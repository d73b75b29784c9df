-- ===== src/Suite.antt =====
-- go/src/test-suite: the client side, which builds packages from text, sends them to a server and
-- reads its answers.
pub mod Client
pub mod Segments
pub mod Packages
pub mod WireFormat
pub mod Run
pub mod Served
pub mod Phases
pub mod Concurrent
pub mod Main
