-- ===== src/Suite/Packages.antt =====
-- go/src/test-suite/packages.go: the registry of all packages and the parser of the data file.
--
-- A `*Package` is its position in `AllPackages.Packages`: only `Named` makes packages, it appends them
-- to that slice, and nothing takes one out. The regular expression of a valid line is a parameter, the
-- test `matches`.
pub mod Lookup
pub mod Registry
use package_index.Base.Text.{codes, split}
use package_index.Base.{
  ℕ, zero, suc, Bool, true, false, Option, none, some, List, [], ◌∷◌, ◌++◌, map, length, Bytes,
  Name, ◌==◌, nat_eq, bytes_eq, ◌&&◌, if◌then◌else◌,
}

pub record Package : Type 0 where
  pub name : Name
  pub dependencies : List ℕ

abbrev pub AllPackages : Type 0
AllPackages = List Package

abbrev pub make_unprocessed_package : Name → Package
make_unprocessed_package n = record { name = n; dependencies = [] }

unfoldable pub names : AllPackages → List Name
names [] = []
names (p ∷ ps) = p.name ∷ names ps

-- The loop of `Named`, from position `i`: the last package of that name.
unfoldable pub last_named : Name → ℕ → AllPackages → Option ℕ → Option ℕ
last_named n i [] found = found
last_named n i (p ∷ ps) found = last_named n (suc i) ps (if p.name == n then some i else found)

unfoldable pub found_or_new : AllPackages → Name → Option ℕ → AllPackages × ℕ
found_or_new all n (some i) = (all, i)
found_or_new all n none = (all ++ make_unprocessed_package n ∷ [], length all)

unfoldable pub named : AllPackages → Name → AllPackages × ℕ
named all n = found_or_new all n (last_named n 0 all none)

-- `pkg.AddDependency(to)` through the pointer `pkg`.
unfoldable pub add_dependency : AllPackages → ℕ → ℕ → AllPackages
add_dependency [] pkg to = []
add_dependency (p ∷ ps) zero to = record p { dependencies = p.dependencies ++ to ∷ [] } ∷ ps
add_dependency (p ∷ ps) (suc i) to = p ∷ add_dependency ps i to

-- The loop of `TokensToPackage`.
unfoldable pub add_dependencies : AllPackages → ℕ → List Name → AllPackages
add_dependencies all pkg [] = all
add_dependencies all pkg (d ∷ ds) =
    let (all', to) = named all d in add_dependencies (add_dependency all' pkg to) pkg ds

-- The registry as it is left, and the package, or none beside an error.
unfoldable pub tokens_to_package : AllPackages → List Name → AllPackages × Option ℕ
tokens_to_package all [] = (all, none)
tokens_to_package all (t ∷ ds) =
    let (all', pkg) = named all t in (add_dependencies all' pkg ds, some pkg)

-- `strings.Trim` and `strings.TrimRight` with one byte.
unfoldable pub trim_left : ℕ → Bytes → Bytes
trim_left c [] = []
trim_left c (x ∷ xs) = let rest = trim_left c xs in if x == c then rest else x ∷ xs

unfoldable pub keep_unless : ℕ → ℕ → Bytes → Bytes
keep_unless c x [] = if x == c then [] else x ∷ []
keep_unless c x (y ∷ ys) = x ∷ y ∷ ys

unfoldable pub trim_right : ℕ → Bytes → Bytes
trim_right c [] = []
trim_right c (x ∷ xs) = keep_unless c x (trim_right c xs)

-- `strings.Replace(s, "  ", " ", -1)`, which goes from left to right over pairs that do not overlap.
unfoldable pub halve_spaces : Bytes → Bytes
halve_spaces [] = []
halve_spaces (x ∷ []) = x ∷ []
halve_spaces (x ∷ y ∷ rest) =
    let pair = b' ' ∷ halve_spaces rest in
    let single = x ∷ halve_spaces (y ∷ rest) in if (x == b' ') && (y == b' ') then pair else single

abbrev trimmed_first : Name × List Name → List Name
trimmed_first (t, ts) = trim_right b':' t ∷ ts

-- No tokens is an error.
unfoldable pub tokenise_line : (Bytes → Bool) → Bytes → Option (List Name)
tokenise_line matches line =
    if matches line
    then some (trimmed_first (split b' ' [] (halve_spaces (trim_right b' ' (trim_left b' ' line)))))
    else none

abbrev is_found : Option ℕ → Bool
is_found none = false
is_found (some i) = true

-- Whether the loop over the lines goes on; none are the tokens of an invalid line.
unfoldable pub with_tokens : AllPackages → Option (List Name) → AllPackages × Bool
with_tokens all none = (all, false)
with_tokens all (some tokens) =
    let (all', pkg) = tokens_to_package all tokens in (all', is_found pkg)

module _ (matches : Bytes → Bool) where
  -- The loop of `TextToPackages`: the registry as it is left, and whether there is no error.
  unfoldable pub add_lines : AllPackages → List Bytes → AllPackages × Bool
  add_lines all [] = (all, true)
  add_lines all (l ∷ ls) =
      let skipped = add_lines all ls in
      let (all', fine) = with_tokens all (tokenise_line matches l) in
      let more = add_lines all' ls in
      if l == [] then skipped else if fine then more else (all', false)

  unfoldable pub text_to_packages : AllPackages → Bytes → AllPackages × Bool
  text_to_packages all text = let (l, ls) = split b'\n' [] text in add_lines all (l ∷ ls)

  -- What the generated table has of the data file, if it has it.
  abbrev pub with_asset : AllPackages → Option Bytes → AllPackages × Bool
  with_asset all none = (all, false)
  with_asset all (some text) = text_to_packages all text

  unfoldable pub brew_to_packages : (Bytes → Option Bytes) → AllPackages → AllPackages × Bool
  brew_to_packages asset all = with_asset all (asset (codes "data/brew-dependencies.txt"))
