-- ===== src/Suite/Client.antt =====
-- go/src/test-suite/client.go: a client of the server, which sends a message and reads the response to it.
-- The connection is a parameter: what writing to it, reading a line from it, setting its deadline and
-- closing it do to its state, what time it is, and whether dialling an address gives one.
pub mod Timeouts
use mathlib.Core.Option
use package_index.Base.{
  ℕ, ◌+◌, ◌*◌, Bool, Option, none, some, [], ◌∷◌, ◌++◌, Bytes, ◌==◌, bytes_eq, if◌then◌else◌,
}
use package_index.Base.Text.{codes}
use package_index.Suite.Packages.{trim_right}

pub data ResponseCode : Type 0 where
  ok fail error : ResponseCode

-- None is UNKNOWN beside an error.
unfoldable pub response_code : Bytes → Option ResponseCode
response_code line =
    let returned = trim_right b'\n' line in
    if returned == codes "OK"
    then some ok
    else if returned == codes "FAIL"
    then some fail
    else if returned == codes "ERROR"
    then some error
    else none

unfoldable pub received {ℓ} : {S : Type ℓ} → S × Option Bytes → S × Option ResponseCode
received (s, none) = (s, none)
received (s, some line) = (s, response_code line)

-- The time until a message has to be written or read, in nanoseconds.
abbrev pub timeout : ℕ
timeout = 10 * 1000000000

-- `conn.SetDeadline`, whose error is left alone.
unfoldable pub extend_timeout_for {ℓ} : {S : Type ℓ} → (S → ℕ) → (ℕ → S → S) → S → S
extend_timeout_for now set_deadline s = set_deadline (now s + timeout) s

module _ {ℓ} {S : Type ℓ} (extend : S → S) (write : S → Bytes → S × Bool)
    (read_line : S → S × Option Bytes) where
  -- `extend` is `extendTimoutFor`.
  unfoldable pub send : S → Bytes → S × Option ResponseCode
  send s msg =
      let (s', sent) = write (extend s) (msg ++ b'\n' ∷ []) in
      let result = received (read_line (extend s')) in if sent then result else (s', none)

pub record TcpPackageIndexerClient {ℓ} (S : Type ℓ) : Type ℓ where
  pub name : Bytes
  pub conn : S

-- The errors of dialling and of closing are none and false.
unfoldable pub make_tcp_package_index_client {ℓ} :
    {S : Type ℓ} → (Bytes → Option S) → Bytes → Bytes → Option (TcpPackageIndexerClient S)
make_tcp_package_index_client dial name addr =
    Option.map (λ conn. record { name = name; conn = conn }) (dial addr)

unfoldable pub close_client {ℓ} :
    {S : Type ℓ} → (S → S × Bool) → TcpPackageIndexerClient S → TcpPackageIndexerClient S × Bool
close_client close client =
    let (conn, closed) = close client.conn in (record client { conn = conn }, closed)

→ **ACTIVITY**
Among the records above, a stretch begins at the line containing "pub mod Segments" and ends at the line containing "names (p ∷ ps) = p.name ∷ names ps". Restate that stretch word for word, and nothing else.

→ **ANSWER AREA**
pub mod Segments
pub mod Packages
pub mod WireFormat
pub mod Run
pub mod Served
pub mod Phases
pub mod Concurrent
pub mod Main
-- ===== src/Suite/Packages.antt =====
-- go/src/test-suite/packages.go: the registry of all packages and the parser of the data file.
--
-- A `*Package` is its position in `AllPackages.Packages`: only `Named` makes packages, it appends them
-- to that slice, and nothing takes one out. The regular expression of a valid line is a parameter, the
-- test `matches`.
pub mod Lookup
pub mod Registry
use package_index.Base.Text.{codes, split}
use package_index.Base.{
  ℕ, zero, suc, Bool, true, false, Option, none, some, List, [], ◌∷◌, ◌++◌, map, length, Bytes,
  Name, ◌==◌, nat_eq, bytes_eq, ◌&&◌, if◌then◌else◌,
}

pub record Package : Type 0 where
  pub name : Name
  pub dependencies : List ℕ

abbrev pub AllPackages : Type 0
AllPackages = List Package

abbrev pub make_unprocessed_package : Name → Package
make_unprocessed_package n = record { name = n; dependencies = [] }

unfoldable pub names : AllPackages → List Name
names [] = []
names (p ∷ ps) = p.name ∷ names ps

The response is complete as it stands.